Some lines in the entries contain the word "module". Copy all of them.

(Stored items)
┌──

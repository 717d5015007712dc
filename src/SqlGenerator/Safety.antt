-- ===== src/SqlGenerator/Safety.antt =====
-- The statements that the program generates, as the scanner of the safe mode splits them.
use myr.Prelude.{ℕ, refl, Option, none, some, ◌++◌, arith, Bool-cases, inl, inr, is_empty}
use myr.Prelude.Text.{Text, codes, trim, is_whitespace}
use myr.SafeMode.Scan.Inert.{Inert, Inert-decimal, Inert-quoted, is_bland}
use myr.SqlGenerator.{
  SqlTarget, with_column, estimate, quote_identifier, qualified_table_sql, preview_select_sql,
  PaginationDirection, next, previous, Generated, ok, err, keyset_first_page_sql, keyset_page_sql,
  offset_page_sql, describe_table_sql, show_create_table_sql, show_index_sql,
  select_column_preview_sql, count_estimate_sql, filtered_sorted_preview_sql,
}
use myr.SqlGenerator.Literal.{quote_sql_literal-Inert}
use myr.SqlGenerator.Opening.{
  quote_identifier-Inert, quote_sql_string-Inert, ◌⊕◌, qualified_table-Inert, lit, qualified_first,
  select_safe, describe_safe, show_safe, IsReadSql,
}

module _ (target : SqlTarget) where
  described : IsReadSql (describe_table_sql target)
  unfolding describe_table_sql qualified_table_sql is_bland is_whitespace
  described =
      let (r, e) = qualified_first target.database target.table in
      let inert : Inert (codes "DESCRIBE " ++ qualified_table_sql target) =
        lit (codes "DESCRIBE ") refl ⊕ qualified_table-Inert target in
      rw e (describe_safe b'`' refl r (rw e at inert))

  table : Inert (qualified_table_sql target)
  table = qualified_table-Inert target

  -- The preview, the page, the description, the creation and the indexes of a table: each of
  -- these texts has exactly one statement, which begins with a reading keyword, whatever the names
  -- are.
  pub table_statements_safe :
      (limit offset : ℕ)
      → IsReadSql (preview_select_sql target limit)
        × IsReadSql (offset_page_sql target limit offset)
        × IsReadSql (describe_table_sql target)
        × IsReadSql (show_create_table_sql target)
        × IsReadSql (show_index_sql target)
  unfolding preview_select_sql offset_page_sql describe_table_sql show_create_table_sql
      show_index_sql is_bland is_whitespace
  table_statements_safe limit offset = (
    select_safe b'*' refl _ (
        lit (codes "SELECT * FROM ") refl
        ⊕ table
        ⊕ lit (codes " LIMIT ") refl
        ⊕ Inert-decimal limit),
    select_safe b'*' refl _ (
        lit (codes "SELECT * FROM ") refl
        ⊕ table
        ⊕ lit (codes " LIMIT ") refl
        ⊕ Inert-decimal limit
        ⊕ lit (codes " OFFSET ") refl
        ⊕ Inert-decimal offset),
    described,
    show_safe b'C' refl _ (lit (codes "SHOW CREATE TABLE ") refl ⊕ table),
    show_safe b'I' refl _ (lit (codes "SHOW INDEX FROM ") refl ⊕ table),
  )

-- A generated text, where there is one, is one reading statement.
abbrev pub IsSafeGenerated : Generated Text → Type 0
IsSafeGenerated (err e) = Unit
IsSafeGenerated (ok sql) = IsReadSql sql

with_column_safe : (column sql : Text) → IsReadSql sql → IsSafeGenerated (with_column column sql)
with_column_safe column sql h = elim (Bool-cases (is_empty (trim column))) [
  | inl e ↦ rw e tt
  | inr e ↦ rw e h
]

module _ (target : SqlTarget) (key : Text) where
  key-Inert : Inert (quote_identifier key)
  key-Inert = quote_identifier-Inert key

  page_safe :
      (boundary : Text) (direction : PaginationDirection) (limit : ℕ)
      → IsSafeGenerated (keyset_page_sql target key boundary direction limit)
  unfolding keyset_page_sql is_bland is_whitespace
  page_safe boundary next limit = with_column_safe key _ (
      select_safe b'*' refl _ (
        lit (codes "SELECT * FROM ") refl
        ⊕ table target
        ⊕ lit (codes " WHERE ") refl
        ⊕ key-Inert
        ⊕ lit (codes " > ") refl
        ⊕ quote_sql_literal-Inert boundary
        ⊕ lit (codes " ORDER BY ") refl
        ⊕ key-Inert
        ⊕ lit (codes " ASC LIMIT ") refl
        ⊕ Inert-decimal limit))
  page_safe boundary previous limit = with_column_safe key _ (
      select_safe b'*' refl _ (
        lit (codes "SELECT * FROM (SELECT * FROM ") refl
        ⊕ table target
        ⊕ lit (codes " WHERE ") refl
        ⊕ key-Inert
        ⊕ lit (codes " < ") refl
        ⊕ quote_sql_literal-Inert boundary
        ⊕ lit (codes " ORDER BY ") refl
        ⊕ key-Inert
        ⊕ lit (codes " DESC LIMIT ") refl
        ⊕ Inert-decimal limit
        ⊕ lit (codes ") AS page_window ORDER BY ") refl
        ⊕ key-Inert
        ⊕ lit (codes " ASC") refl))

  first_page_safe : (limit : ℕ) → IsSafeGenerated (keyset_first_page_sql target key limit)
  unfolding keyset_first_page_sql is_bland is_whitespace
  first_page_safe limit = with_column_safe key _ (
      select_safe b'*' refl _ (
        lit (codes "SELECT * FROM ") refl
        ⊕ table target
        ⊕ lit (codes " ORDER BY ") refl
        ⊕ key-Inert
        ⊕ lit (codes " ASC LIMIT ") refl
        ⊕ Inert-decimal limit))

  column_safe : (limit : ℕ) → IsSafeGenerated (select_column_preview_sql target key limit)
  unfolding select_column_preview_sql quote_identifier is_bland is_whitespace
  column_safe limit = with_column_safe key _ (
      select_safe b'`' refl _ (
        lit (codes "SELECT ") refl
        ⊕ key-Inert
        ⊕ lit (codes " FROM ") refl
        ⊕ table target
        ⊕ lit (codes " LIMIT ") refl
        ⊕ Inert-decimal limit))

  filtered_safe : (limit : ℕ) → IsSafeGenerated (filtered_sorted_preview_sql target key limit)
  unfolding filtered_sorted_preview_sql is_bland is_whitespace
  filtered_safe limit =
      let like : Inert (codes " LIKE '%search%' ORDER BY ") =
        lit (codes " LIKE ") refl
        ⊕ (Inert-quoted b'\'' (codes "%search%") (inl refl) (omega arith)
            ⊕ lit (codes " ORDER BY ") refl) in
      with_column_safe key _ (
        select_safe b'*' refl _ (
          lit (codes "SELECT * FROM ") refl
          ⊕ table target
          ⊕ lit (codes " WHERE ") refl
          ⊕ key-Inert
          ⊕ like
          ⊕ key-Inert
          ⊕ lit (codes " ASC LIMIT ") refl
          ⊕ Inert-decimal limit))

  estimate_safe_at :
      (database : Option Text) (name : Text) → IsSafeGenerated (estimate database name)
  unfolding is_bland is_whitespace
  estimate_safe_at none name = tt
  estimate_safe_at (some database) name = select_safe b'T' refl _ (
      lit (codes "SELECT TABLE_ROWS AS estimated_rows FROM information_schema.TABLES ") refl
      ⊕ lit (codes "WHERE TABLE_SCHEMA = ") refl
      ⊕ quote_sql_string-Inert database
      ⊕ lit (codes " AND TABLE_NAME = ") refl
      ⊕ quote_sql_string-Inert name)

  -- The texts about a column and the estimate of the rows, where they are generated, have each
  -- exactly one statement, which begins with a reading keyword, whatever the names and the value of
  -- the key are.
  pub column_statements_safe :
      (boundary : Text) (direction : PaginationDirection) (limit : ℕ)
      → IsSafeGenerated (keyset_first_page_sql target key limit)
        × IsSafeGenerated (keyset_page_sql target key boundary direction limit)
        × IsSafeGenerated (select_column_preview_sql target key limit)
        × IsSafeGenerated (filtered_sorted_preview_sql target key limit)
        × IsSafeGenerated (count_estimate_sql target)
  unfolding count_estimate_sql
  column_statements_safe boundary direction limit = (
    first_page_safe limit,
    page_safe boundary direction limit,
    column_safe limit,
    filtered_safe limit,
    estimate_safe_at target.database target.table,
  )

└──

▶ Answer box:
module _ (target : SqlTarget) where
module _ (target : SqlTarget) (key : Text) where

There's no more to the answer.